Collected data entries:
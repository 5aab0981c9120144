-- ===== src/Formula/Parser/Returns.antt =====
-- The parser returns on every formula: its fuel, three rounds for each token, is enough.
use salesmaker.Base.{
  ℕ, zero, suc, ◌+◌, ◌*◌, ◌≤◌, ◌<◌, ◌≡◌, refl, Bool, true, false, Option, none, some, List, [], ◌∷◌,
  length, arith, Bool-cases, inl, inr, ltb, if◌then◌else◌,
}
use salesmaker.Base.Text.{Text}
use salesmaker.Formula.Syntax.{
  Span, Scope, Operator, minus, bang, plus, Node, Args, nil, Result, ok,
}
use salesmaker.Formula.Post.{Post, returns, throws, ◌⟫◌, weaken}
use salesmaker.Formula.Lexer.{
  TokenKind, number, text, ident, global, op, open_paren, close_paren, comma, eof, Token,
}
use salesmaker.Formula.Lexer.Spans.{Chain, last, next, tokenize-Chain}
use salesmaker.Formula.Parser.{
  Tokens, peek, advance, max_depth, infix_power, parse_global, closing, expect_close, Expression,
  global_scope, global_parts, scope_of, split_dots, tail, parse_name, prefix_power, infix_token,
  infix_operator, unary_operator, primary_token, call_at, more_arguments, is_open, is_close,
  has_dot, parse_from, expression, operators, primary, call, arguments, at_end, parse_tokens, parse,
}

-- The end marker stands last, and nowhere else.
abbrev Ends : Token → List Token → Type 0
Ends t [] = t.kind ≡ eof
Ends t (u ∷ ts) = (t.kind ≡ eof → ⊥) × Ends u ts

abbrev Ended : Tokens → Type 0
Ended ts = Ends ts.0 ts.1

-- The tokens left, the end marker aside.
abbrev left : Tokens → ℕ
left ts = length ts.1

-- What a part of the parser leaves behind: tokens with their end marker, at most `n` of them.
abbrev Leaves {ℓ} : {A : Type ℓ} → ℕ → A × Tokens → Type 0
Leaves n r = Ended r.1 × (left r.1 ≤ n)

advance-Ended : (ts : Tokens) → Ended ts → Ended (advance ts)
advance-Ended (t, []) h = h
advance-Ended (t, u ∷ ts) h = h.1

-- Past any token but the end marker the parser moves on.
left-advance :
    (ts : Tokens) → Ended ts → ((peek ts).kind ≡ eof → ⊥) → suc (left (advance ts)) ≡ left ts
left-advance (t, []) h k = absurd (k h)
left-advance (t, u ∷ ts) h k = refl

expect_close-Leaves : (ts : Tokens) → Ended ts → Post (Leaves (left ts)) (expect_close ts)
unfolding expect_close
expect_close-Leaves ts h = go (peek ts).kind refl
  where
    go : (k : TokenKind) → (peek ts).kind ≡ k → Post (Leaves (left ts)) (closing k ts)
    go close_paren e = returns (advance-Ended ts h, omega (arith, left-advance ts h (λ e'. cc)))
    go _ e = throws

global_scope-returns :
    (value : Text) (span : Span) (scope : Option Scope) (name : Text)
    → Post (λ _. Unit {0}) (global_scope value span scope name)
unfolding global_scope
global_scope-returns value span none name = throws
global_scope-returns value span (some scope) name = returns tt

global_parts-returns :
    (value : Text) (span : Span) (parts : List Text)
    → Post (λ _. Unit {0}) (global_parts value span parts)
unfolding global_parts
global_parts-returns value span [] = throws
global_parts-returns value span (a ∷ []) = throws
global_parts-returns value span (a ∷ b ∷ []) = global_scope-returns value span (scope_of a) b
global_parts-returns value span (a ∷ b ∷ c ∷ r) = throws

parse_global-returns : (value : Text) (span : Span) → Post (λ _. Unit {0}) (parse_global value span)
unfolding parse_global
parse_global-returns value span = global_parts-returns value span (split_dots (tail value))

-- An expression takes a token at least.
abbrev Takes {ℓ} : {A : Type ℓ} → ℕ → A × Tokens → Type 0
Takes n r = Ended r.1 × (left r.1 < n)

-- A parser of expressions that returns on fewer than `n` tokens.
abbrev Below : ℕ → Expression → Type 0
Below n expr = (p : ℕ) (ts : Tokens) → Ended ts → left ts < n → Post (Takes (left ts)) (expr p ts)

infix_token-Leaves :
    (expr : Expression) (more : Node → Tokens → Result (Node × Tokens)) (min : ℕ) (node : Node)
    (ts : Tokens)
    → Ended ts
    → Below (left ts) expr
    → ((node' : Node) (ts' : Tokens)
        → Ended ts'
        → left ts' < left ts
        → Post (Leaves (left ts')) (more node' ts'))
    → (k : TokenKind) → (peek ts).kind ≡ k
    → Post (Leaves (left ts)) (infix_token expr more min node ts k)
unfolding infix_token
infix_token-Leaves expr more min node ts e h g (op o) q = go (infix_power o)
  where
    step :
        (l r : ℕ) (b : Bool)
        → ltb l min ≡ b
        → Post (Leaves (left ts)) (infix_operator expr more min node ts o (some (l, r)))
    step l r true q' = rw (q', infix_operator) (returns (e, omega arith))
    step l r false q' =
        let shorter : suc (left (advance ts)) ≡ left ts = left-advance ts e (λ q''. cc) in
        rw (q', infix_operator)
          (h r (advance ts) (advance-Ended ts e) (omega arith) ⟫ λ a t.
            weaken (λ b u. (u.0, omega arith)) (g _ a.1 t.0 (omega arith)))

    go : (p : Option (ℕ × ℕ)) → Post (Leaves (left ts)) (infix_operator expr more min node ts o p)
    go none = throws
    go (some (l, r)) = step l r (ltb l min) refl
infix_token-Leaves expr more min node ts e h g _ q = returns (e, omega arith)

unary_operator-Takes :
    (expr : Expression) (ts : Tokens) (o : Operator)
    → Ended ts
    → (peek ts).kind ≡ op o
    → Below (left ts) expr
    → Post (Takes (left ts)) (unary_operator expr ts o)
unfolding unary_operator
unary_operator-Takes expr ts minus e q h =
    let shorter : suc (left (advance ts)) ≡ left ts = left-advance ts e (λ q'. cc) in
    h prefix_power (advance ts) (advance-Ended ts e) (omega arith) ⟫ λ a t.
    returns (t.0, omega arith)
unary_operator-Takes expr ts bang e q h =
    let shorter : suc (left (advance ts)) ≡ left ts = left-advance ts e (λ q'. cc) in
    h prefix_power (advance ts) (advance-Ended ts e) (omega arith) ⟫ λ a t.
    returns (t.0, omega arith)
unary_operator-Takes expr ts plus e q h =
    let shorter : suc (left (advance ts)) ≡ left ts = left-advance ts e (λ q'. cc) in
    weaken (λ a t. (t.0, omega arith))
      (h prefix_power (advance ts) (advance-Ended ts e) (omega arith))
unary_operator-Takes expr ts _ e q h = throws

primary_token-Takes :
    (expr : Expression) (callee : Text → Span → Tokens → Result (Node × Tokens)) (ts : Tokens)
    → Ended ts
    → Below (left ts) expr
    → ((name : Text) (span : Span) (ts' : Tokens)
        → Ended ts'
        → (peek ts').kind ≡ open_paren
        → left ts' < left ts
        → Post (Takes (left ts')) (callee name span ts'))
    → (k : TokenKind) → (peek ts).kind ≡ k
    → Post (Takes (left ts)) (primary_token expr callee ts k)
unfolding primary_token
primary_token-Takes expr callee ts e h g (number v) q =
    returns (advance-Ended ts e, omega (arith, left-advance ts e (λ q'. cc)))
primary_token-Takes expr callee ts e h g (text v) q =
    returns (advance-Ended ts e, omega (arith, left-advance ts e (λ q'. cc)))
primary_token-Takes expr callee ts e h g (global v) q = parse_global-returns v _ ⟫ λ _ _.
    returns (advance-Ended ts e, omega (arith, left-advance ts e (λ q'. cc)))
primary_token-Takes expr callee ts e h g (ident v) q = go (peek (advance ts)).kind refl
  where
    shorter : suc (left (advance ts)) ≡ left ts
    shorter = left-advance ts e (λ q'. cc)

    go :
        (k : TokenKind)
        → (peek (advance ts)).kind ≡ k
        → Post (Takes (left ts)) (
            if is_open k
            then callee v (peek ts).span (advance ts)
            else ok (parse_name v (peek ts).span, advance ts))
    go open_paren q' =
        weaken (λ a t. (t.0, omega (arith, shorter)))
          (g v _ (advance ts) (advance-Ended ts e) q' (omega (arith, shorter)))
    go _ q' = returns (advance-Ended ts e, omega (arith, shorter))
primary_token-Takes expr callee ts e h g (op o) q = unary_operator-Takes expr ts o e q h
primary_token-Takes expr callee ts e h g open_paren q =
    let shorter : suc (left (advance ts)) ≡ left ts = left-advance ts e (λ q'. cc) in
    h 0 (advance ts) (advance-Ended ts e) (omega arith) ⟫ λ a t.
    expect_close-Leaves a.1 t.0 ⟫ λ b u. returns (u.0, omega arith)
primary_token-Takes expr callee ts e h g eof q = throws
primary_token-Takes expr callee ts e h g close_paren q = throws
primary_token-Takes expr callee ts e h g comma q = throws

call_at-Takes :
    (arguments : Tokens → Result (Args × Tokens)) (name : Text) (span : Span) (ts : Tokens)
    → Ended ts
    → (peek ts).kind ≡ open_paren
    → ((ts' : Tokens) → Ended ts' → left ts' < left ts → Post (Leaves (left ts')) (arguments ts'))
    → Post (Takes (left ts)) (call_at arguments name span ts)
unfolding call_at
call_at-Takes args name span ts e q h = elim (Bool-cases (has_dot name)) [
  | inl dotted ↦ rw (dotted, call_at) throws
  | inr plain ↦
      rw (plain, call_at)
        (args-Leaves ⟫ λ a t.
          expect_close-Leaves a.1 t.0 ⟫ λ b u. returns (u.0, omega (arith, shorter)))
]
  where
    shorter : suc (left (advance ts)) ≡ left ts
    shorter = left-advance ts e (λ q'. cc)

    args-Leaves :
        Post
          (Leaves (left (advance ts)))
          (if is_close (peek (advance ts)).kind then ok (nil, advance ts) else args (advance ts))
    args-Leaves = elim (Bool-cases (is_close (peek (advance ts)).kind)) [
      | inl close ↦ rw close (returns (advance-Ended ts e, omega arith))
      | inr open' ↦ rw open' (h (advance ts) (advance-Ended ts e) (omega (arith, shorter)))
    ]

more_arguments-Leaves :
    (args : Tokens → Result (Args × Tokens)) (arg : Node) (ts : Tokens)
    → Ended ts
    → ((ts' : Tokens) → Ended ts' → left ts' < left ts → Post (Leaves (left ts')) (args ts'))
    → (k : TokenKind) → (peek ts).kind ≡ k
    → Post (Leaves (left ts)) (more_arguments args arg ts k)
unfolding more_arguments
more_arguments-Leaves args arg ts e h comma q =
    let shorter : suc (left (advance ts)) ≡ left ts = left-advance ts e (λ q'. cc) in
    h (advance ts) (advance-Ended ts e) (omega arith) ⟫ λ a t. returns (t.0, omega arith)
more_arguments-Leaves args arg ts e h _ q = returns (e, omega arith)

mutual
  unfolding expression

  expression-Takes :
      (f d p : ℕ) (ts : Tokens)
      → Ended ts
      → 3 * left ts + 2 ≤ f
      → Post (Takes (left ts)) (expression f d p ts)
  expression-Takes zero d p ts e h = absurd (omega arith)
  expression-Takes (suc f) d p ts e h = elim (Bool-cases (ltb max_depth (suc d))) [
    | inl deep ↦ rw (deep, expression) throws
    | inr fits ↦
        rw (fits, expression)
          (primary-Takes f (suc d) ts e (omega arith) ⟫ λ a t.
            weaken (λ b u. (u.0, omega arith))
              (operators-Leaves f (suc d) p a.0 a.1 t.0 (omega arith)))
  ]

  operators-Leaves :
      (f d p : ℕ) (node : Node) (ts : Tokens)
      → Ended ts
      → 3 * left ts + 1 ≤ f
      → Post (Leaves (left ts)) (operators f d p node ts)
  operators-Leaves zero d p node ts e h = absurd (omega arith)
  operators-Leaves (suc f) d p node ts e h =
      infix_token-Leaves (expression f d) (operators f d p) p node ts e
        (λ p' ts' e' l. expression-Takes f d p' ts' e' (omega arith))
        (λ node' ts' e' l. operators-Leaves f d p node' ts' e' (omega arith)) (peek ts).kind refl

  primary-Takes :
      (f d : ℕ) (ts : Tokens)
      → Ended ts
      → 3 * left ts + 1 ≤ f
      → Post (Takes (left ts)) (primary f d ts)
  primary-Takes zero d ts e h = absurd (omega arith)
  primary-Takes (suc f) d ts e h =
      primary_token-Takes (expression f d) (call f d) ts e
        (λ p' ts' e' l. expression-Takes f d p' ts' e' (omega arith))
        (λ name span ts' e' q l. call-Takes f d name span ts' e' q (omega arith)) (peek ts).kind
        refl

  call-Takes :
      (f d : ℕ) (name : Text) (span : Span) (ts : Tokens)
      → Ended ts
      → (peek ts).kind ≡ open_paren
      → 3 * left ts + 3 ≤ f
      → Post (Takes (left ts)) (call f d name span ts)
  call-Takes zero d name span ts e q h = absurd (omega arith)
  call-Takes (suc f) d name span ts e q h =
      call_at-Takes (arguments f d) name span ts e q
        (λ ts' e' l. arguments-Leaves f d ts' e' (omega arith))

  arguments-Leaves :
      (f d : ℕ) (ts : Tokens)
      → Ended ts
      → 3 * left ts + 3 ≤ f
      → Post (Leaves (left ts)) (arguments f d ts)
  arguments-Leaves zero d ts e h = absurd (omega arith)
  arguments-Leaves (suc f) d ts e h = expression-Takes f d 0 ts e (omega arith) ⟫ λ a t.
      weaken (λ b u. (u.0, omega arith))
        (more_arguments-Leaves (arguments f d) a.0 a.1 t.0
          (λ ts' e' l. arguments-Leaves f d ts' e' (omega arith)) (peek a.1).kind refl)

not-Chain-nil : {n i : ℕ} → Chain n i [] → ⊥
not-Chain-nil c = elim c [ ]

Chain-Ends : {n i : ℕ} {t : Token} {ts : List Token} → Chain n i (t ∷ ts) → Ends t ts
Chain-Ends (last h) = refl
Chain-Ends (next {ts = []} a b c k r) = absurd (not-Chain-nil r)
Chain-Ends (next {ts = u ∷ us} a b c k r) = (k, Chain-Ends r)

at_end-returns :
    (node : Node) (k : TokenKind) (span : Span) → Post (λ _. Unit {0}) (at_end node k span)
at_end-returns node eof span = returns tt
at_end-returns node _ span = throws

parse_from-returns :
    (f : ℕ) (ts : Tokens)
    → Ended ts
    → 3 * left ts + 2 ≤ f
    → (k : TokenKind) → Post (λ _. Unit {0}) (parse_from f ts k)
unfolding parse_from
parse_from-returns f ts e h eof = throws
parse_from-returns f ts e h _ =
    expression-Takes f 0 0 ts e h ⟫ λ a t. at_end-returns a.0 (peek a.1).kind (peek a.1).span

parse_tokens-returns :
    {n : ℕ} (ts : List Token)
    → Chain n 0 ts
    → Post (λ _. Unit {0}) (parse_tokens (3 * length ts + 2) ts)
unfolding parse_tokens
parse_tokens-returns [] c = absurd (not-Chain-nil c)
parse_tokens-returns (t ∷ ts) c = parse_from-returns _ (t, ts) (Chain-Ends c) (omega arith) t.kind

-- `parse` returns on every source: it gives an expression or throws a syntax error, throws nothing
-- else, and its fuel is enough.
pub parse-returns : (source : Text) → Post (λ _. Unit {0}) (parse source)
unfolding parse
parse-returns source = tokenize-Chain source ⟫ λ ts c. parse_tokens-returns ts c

- _Work task_
Show all lines above holding the word "last".

- _Task response_
use salesmaker.Formula.Lexer.Spans.{Chain, last, next, tokenize-Chain}
-- The end marker stands last, and nowhere else.
Chain-Ends (last h) = refl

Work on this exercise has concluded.